┌─ Supplied records

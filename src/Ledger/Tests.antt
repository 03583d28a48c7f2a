-- ===== src/Ledger/Tests.antt =====
-- Runs of the ledger, and its theorems at them.
use myturn_webportal.Prelude.{
  ◌≡◌, refl, true, false, List, [], ◌∷◌, arith, ok, err, insufficient_balance,
}
use myturn_webportal.Prelude.Int.{pos, negsuc, ◌+ℤ◌}
use myturn_webportal.Dict.{lookup, insert, total}
use myturn_webportal.Ledger.Account.{
  key_eq, platform_float, system_external, group_pool, withdrawal_clearing, member_wallet_available,
}
use myturn_webportal.Ledger.Posting.Journal.{IdempotencyKey, contribution_inflow}
use myturn_webportal.Ledger.Posting.Effect.{post_journal-total}
use myturn_webportal.Ledger.Posting.Solvency.{IsSolvent, post_journal-IsSolvent}
use myturn_webportal.Ledger.Posting.Idempotency.{post_journal-retry}
use myturn_webportal.Ledger.Posting.{
  PostingLine, LedgerTransaction, Ledger, check_lines, apply_lines, assert_balanced,
  assert_non_negative_after_delta, find_transaction, post_journal_in_tx,
}

abbrev start : Ledger
start = record {
  accounts =
      (system_external, pos 0)
      ∷ (platform_float, pos 0)
      ∷ (group_pool 7, pos 0)
      ∷ (member_wallet_available 3, pos 900)
      ∷ (withdrawal_clearing, pos 0)
      ∷ [];
  transactions = [];
}

-- The four lines of a contribution of 50.00: in from outside, through the float, to the pool.
abbrev inflow : List PostingLine
inflow =
    record { account = system_external; delta = negsuc 4999 }
    ∷ record { account = platform_float; delta = pos 5000 }
    ∷ record { account = platform_float; delta = negsuc 4999 }
    ∷ record { account = group_pool 7; delta = pos 5000 }
    ∷ []

abbrev day_one : IdempotencyKey
day_one = contribution_inflow 4 1

abbrev inflow_row : LedgerTransaction
inflow_row = record {
  idempotency_key = day_one;
  lines =
      record { account = system_external; delta = negsuc 4999; balance_after = negsuc 4999 }
      ∷ record { account = platform_float; delta = pos 5000; balance_after = pos 5000 }
      ∷ record { account = platform_float; delta = negsuc 4999; balance_after = pos 0 }
      ∷ record { account = group_pool 7; delta = pos 5000; balance_after = pos 5000 }
      ∷ [];
}

abbrev collected : Ledger
collected = record {
  accounts =
      (system_external, negsuc 4999)
      ∷ (platform_float, pos 0)
      ∷ (group_pool 7, pos 5000)
      ∷ (member_wallet_available 3, pos 900)
      ∷ (withdrawal_clearing, pos 0)
      ∷ [];
  transactions = inflow_row ∷ [];
}

inflow_posts :
    post_journal_in_tx day_one inflow start
    ≡ ok (record { transaction = inflow_row; duplicate = false }, collected)
unfolding post_journal_in_tx assert_balanced check_lines assert_non_negative_after_delta apply_lines
    find_transaction lookup insert ◌+ℤ◌
inflow_posts = refl

-- The pool cannot pay before it is filled: the lines are checked in their order.
pool_first :
    post_journal_in_tx day_one
      (record { account = group_pool 7; delta = negsuc 4999 }
        ∷ record { account = group_pool 7; delta = pos 5000 }
        ∷ [])
      start
    ≡ err insufficient_balance
unfolding post_journal_in_tx assert_balanced check_lines assert_non_negative_after_delta apply_lines
    find_transaction lookup insert ◌+ℤ◌
pool_first = refl

start-IsSolvent : IsSolvent start.accounts
unfolding lookup
start-IsSolvent k b found internal = ground arith

post_journal-total_example : total collected.accounts ≡ total start.accounts
post_journal-total_example = post_journal-total day_one inflow start inflow_posts

post_journal-IsSolvent_example : IsSolvent collected.accounts
post_journal-IsSolvent_example =
    post_journal-IsSolvent day_one inflow start start-IsSolvent inflow_posts

post_journal-retry_example :
    post_journal_in_tx day_one inflow collected
    ≡ ok (record { transaction = inflow_row; duplicate = true }, collected)
unfolding assert_balanced ◌+ℤ◌
post_journal-retry_example = post_journal-retry day_one inflow inflow start inflow_posts refl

└─

When you write the entries out again, keep every word and mark exactly as it is.

**Output of the exercise**
filename src/Ledger/Tests.antt
repository 03583d28a48c7f2a
-- ===== src/Ledger/Tests.antt =====
-- Runs of the ledger, and its theorems at them.
use myturn_webportal.Prelude.{
  ◌≡◌, refl, true, false, List, [], ◌∷◌, arith, ok, err, insufficient_balance,
}
use myturn_webportal.Prelude.Int.{pos, negsuc, ◌+ℤ◌}
use myturn_webportal.Dict.{lookup, insert, total}
use myturn_webportal.Ledger.Account.{
  key_eq, platform_float, system_external, group_pool, withdrawal_clearing, member_wallet_available,
}
use myturn_webportal.Ledger.Posting.Journal.{IdempotencyKey, contribution_inflow}
use myturn_webportal.Ledger.Posting.Effect.{post_journal-total}
use myturn_webportal.Ledger.Posting.Solvency.{IsSolvent, post_journal-IsSolvent}
use myturn_webportal.Ledger.Posting.Idempotency.{post_journal-retry}
use myturn_webportal.Ledger.Posting.{
  PostingLine, LedgerTransaction, Ledger, check_lines, apply_lines, assert_balanced,
  assert_non_negative_after_delta, find_transaction, post_journal_in_tx,
}

abbrev start : Ledger
start = record {
  accounts =
      (system_external, pos 0)
      ∷ (platform_float, pos 0)
      ∷ (group_pool 7, pos 0)
      ∷ (member_wallet_available 3, pos 900)
      ∷ (withdrawal_clearing, pos 0)
      ∷ [];
  transactions = [];
}

-- The four lines of a contribution of 50.00: in from outside, through the float, to the pool.
abbrev inflow : List PostingLine
inflow =
    record { account = system_external; delta = negsuc 4999 }
    ∷ record { account = platform_float; delta = pos 5000 }
    ∷ record { account = platform_float; delta = negsuc 4999 }
    ∷ record { account = group_pool 7; delta = pos 5000 }
    ∷ []

abbrev day_one : IdempotencyKey
day_one = contribution_inflow 4 1

abbrev inflow_row : LedgerTransaction
inflow_row = record {
  idempotency_key = day_one;
  lines =
      record { account = system_external; delta = negsuc 4999; balance_after = negsuc 4999 }
      ∷ record { account = platform_float; delta = pos 5000; balance_after = pos 5000 }
      ∷ record { account = platform_float; delta = negsuc 4999; balance_after = pos 0 }
      ∷ record { account = group_pool 7; delta = pos 5000; balance_after = pos 5000 }
      ∷ [];
}

abbrev collected : Ledger
collected = record {
  accounts =
      (system_external, negsuc 4999)
      ∷ (platform_float, pos 0)
      ∷ (group_pool 7, pos 5000)
      ∷ (member_wallet_available 3, pos 900)
      ∷ (withdrawal_clearing, pos 0)
      ∷ [];
  transactions = inflow_row ∷ [];
}

inflow_posts :
    post_journal_in_tx day_one inflow start
    ≡ ok (record { transaction = inflow_row; duplicate = false }, collected)
unfolding post_journal_in_tx assert_balanced check_lines assert_non_negative_after_delta apply_lines
    find_transaction lookup insert ◌+ℤ◌
inflow_posts = refl

-- The pool cannot pay before it is filled: the lines are checked in their order.
pool_first :
    post_journal_in_tx day_one
      (record { account = group_pool 7; delta = negsuc 4999 }
        ∷ record { account = group_pool 7; delta = pos 5000 }
        ∷ [])
      start
    ≡ err insufficient_balance
unfolding post_journal_in_tx assert_balanced check_lines assert_non_negative_after_delta apply_lines
    find_transaction lookup insert ◌+ℤ◌
pool_first = refl

start-IsSolvent : IsSolvent start.accounts
unfolding lookup
start-IsSolvent k b found internal = ground arith

post_journal-total_example : total collected.accounts ≡ total start.accounts
post_journal-total_example = post_journal-total day_one inflow start inflow_posts

post_journal-IsSolvent_example : IsSolvent collected.accounts
post_journal-IsSolvent_example =
    post_journal-IsSolvent day_one inflow start start-IsSolvent inflow_posts

post_journal-retry_example :
    post_journal_in_tx day_one inflow collected
    ≡ ok (record { transaction = inflow_row; duplicate = true }, collected)
unfolding assert_balanced ◌+ℤ◌
post_journal-retry_example = post_journal-retry day_one inflow inflow start inflow_posts refl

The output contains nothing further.